→ Work to complete
In the entries that follow, how many lines hold the string "where"? Give only that number.

══ Records for this task ══

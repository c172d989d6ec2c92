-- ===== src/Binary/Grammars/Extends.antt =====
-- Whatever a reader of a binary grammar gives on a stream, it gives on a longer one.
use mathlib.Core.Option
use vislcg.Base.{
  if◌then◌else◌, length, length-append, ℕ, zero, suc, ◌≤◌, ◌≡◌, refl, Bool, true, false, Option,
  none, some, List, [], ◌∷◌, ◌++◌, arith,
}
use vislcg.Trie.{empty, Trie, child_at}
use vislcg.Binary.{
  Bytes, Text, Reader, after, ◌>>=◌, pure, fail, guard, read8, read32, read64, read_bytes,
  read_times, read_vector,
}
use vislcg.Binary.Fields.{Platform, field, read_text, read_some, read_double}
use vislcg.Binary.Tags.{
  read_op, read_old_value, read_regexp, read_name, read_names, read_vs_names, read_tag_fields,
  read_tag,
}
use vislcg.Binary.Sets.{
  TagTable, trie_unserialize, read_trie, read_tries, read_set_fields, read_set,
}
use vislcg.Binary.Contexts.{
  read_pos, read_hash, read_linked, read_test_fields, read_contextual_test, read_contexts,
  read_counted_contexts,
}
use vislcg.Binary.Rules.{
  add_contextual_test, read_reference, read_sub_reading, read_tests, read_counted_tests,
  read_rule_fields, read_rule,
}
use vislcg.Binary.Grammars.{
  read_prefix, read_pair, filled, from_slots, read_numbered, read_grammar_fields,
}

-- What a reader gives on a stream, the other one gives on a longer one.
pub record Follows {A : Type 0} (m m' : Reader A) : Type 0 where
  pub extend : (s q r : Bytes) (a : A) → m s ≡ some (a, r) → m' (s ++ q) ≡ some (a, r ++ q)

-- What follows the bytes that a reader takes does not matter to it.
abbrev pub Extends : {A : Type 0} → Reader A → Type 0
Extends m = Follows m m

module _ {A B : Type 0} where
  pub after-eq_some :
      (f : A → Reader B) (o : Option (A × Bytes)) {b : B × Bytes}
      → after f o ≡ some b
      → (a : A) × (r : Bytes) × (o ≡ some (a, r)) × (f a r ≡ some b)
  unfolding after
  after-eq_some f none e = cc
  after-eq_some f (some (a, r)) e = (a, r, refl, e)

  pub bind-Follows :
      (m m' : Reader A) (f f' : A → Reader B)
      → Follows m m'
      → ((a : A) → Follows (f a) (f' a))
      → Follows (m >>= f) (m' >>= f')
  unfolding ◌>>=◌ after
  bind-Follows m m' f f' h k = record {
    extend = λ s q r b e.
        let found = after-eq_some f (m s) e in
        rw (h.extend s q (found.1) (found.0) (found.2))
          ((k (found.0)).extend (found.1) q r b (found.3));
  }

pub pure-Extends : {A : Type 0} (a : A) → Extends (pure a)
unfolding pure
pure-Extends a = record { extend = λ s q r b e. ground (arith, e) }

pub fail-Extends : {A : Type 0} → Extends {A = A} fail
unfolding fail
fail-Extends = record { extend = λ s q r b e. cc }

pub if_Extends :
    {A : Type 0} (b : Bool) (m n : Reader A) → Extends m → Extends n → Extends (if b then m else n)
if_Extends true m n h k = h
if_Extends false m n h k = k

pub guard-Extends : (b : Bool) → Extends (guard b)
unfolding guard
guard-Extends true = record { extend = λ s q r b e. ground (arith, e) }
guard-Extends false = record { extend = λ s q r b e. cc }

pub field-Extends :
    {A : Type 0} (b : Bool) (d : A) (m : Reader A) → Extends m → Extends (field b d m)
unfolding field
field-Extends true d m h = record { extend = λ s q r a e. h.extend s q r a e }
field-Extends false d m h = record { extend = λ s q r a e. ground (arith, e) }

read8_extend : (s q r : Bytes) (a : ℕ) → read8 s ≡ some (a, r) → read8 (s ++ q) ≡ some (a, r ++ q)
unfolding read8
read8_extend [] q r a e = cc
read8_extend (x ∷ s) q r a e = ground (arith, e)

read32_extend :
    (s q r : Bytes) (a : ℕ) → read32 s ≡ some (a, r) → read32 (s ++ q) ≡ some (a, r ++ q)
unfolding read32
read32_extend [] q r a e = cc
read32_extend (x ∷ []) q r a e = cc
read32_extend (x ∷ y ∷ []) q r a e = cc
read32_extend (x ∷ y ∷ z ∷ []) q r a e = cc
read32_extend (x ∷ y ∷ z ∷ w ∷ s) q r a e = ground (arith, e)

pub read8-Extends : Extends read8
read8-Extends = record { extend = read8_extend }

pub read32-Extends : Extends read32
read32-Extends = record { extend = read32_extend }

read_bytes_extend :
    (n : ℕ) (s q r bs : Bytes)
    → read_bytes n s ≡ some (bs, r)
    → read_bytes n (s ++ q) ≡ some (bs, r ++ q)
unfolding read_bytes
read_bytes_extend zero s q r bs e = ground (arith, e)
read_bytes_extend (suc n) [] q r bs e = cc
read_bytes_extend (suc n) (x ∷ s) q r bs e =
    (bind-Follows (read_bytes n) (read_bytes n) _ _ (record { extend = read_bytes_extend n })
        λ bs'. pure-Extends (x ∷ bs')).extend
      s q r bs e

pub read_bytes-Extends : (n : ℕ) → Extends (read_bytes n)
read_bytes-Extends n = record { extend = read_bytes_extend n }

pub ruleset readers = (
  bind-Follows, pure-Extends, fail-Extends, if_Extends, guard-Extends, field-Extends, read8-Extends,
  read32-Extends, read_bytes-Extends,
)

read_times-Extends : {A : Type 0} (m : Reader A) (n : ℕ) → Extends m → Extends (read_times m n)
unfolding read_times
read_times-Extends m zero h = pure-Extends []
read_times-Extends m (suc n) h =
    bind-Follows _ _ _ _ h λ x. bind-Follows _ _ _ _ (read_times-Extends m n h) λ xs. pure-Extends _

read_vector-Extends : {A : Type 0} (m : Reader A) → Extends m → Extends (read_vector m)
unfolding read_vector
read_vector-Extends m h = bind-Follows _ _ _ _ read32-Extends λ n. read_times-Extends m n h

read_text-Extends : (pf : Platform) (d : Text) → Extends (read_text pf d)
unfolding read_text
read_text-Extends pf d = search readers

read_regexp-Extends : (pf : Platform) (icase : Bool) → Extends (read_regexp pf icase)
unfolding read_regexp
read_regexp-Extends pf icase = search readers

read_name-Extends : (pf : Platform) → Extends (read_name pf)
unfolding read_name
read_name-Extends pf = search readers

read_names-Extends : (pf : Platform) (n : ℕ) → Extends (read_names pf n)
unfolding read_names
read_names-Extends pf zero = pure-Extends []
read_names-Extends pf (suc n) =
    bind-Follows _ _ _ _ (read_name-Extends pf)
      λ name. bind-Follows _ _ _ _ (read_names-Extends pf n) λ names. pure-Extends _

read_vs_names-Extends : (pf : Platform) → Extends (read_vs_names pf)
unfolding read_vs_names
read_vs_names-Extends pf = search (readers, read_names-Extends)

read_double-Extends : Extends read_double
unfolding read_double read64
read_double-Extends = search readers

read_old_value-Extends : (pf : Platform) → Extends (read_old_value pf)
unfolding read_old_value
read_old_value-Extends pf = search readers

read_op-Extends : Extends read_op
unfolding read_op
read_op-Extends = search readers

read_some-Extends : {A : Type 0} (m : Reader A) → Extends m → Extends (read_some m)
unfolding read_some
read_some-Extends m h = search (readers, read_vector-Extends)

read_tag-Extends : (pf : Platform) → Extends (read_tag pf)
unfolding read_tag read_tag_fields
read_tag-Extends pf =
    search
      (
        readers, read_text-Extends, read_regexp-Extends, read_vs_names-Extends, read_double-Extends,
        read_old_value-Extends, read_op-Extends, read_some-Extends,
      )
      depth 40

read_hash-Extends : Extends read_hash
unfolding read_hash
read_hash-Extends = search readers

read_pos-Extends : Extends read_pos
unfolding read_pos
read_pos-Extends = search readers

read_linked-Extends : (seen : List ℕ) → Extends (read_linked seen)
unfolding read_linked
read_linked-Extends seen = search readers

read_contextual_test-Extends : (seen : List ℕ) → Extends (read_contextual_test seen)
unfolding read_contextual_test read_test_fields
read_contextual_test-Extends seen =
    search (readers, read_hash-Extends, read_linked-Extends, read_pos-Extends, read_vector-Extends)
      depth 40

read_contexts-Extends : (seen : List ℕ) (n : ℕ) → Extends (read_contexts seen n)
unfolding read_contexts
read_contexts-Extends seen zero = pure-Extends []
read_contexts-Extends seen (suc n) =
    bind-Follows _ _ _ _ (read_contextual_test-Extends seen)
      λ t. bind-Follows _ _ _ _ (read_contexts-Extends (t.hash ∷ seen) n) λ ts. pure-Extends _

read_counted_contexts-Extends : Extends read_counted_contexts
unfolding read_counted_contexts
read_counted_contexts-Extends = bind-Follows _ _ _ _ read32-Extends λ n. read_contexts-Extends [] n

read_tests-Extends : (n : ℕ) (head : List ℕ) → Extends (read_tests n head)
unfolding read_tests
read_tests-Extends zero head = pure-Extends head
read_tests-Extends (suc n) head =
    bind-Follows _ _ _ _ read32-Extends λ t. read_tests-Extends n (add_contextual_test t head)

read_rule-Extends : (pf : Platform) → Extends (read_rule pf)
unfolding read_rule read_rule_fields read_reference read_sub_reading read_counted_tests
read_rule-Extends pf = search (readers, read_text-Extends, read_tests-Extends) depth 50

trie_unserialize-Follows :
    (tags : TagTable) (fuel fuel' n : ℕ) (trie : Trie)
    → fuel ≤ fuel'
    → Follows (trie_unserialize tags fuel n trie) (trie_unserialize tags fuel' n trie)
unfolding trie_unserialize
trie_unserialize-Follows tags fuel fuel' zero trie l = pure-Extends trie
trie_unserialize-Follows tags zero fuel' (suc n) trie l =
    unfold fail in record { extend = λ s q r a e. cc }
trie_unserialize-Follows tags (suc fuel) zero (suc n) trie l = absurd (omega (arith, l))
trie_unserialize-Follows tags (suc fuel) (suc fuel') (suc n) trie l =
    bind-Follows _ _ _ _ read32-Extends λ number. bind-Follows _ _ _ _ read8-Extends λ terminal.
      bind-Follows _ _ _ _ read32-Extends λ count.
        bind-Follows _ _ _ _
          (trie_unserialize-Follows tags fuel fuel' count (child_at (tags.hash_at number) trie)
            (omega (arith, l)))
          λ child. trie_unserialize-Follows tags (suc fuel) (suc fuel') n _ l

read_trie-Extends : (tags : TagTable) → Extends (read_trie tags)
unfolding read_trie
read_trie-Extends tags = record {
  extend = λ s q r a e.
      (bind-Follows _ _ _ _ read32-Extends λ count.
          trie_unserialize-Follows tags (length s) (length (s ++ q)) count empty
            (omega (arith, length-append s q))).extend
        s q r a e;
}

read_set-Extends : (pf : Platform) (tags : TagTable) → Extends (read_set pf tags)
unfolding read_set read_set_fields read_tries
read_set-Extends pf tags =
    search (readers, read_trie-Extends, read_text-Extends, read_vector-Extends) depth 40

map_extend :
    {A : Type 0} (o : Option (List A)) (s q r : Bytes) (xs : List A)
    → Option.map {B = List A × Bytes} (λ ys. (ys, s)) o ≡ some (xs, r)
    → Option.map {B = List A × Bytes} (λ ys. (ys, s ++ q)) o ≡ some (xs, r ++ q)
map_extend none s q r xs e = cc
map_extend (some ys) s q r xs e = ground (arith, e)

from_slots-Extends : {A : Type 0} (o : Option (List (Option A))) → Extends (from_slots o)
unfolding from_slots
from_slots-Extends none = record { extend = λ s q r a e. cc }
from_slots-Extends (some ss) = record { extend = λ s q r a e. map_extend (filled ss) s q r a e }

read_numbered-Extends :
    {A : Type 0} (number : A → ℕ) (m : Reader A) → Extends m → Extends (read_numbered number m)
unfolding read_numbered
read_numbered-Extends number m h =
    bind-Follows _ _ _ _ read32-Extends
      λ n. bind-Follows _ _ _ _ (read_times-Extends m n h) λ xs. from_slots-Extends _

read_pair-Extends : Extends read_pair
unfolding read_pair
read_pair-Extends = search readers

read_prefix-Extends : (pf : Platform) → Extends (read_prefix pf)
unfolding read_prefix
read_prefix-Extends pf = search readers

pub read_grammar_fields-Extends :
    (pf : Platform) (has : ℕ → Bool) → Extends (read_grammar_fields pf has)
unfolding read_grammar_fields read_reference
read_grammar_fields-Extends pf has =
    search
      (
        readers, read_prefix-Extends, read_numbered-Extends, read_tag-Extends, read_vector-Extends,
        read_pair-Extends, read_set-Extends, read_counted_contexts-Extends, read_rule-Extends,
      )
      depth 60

═══

→ Task solution
2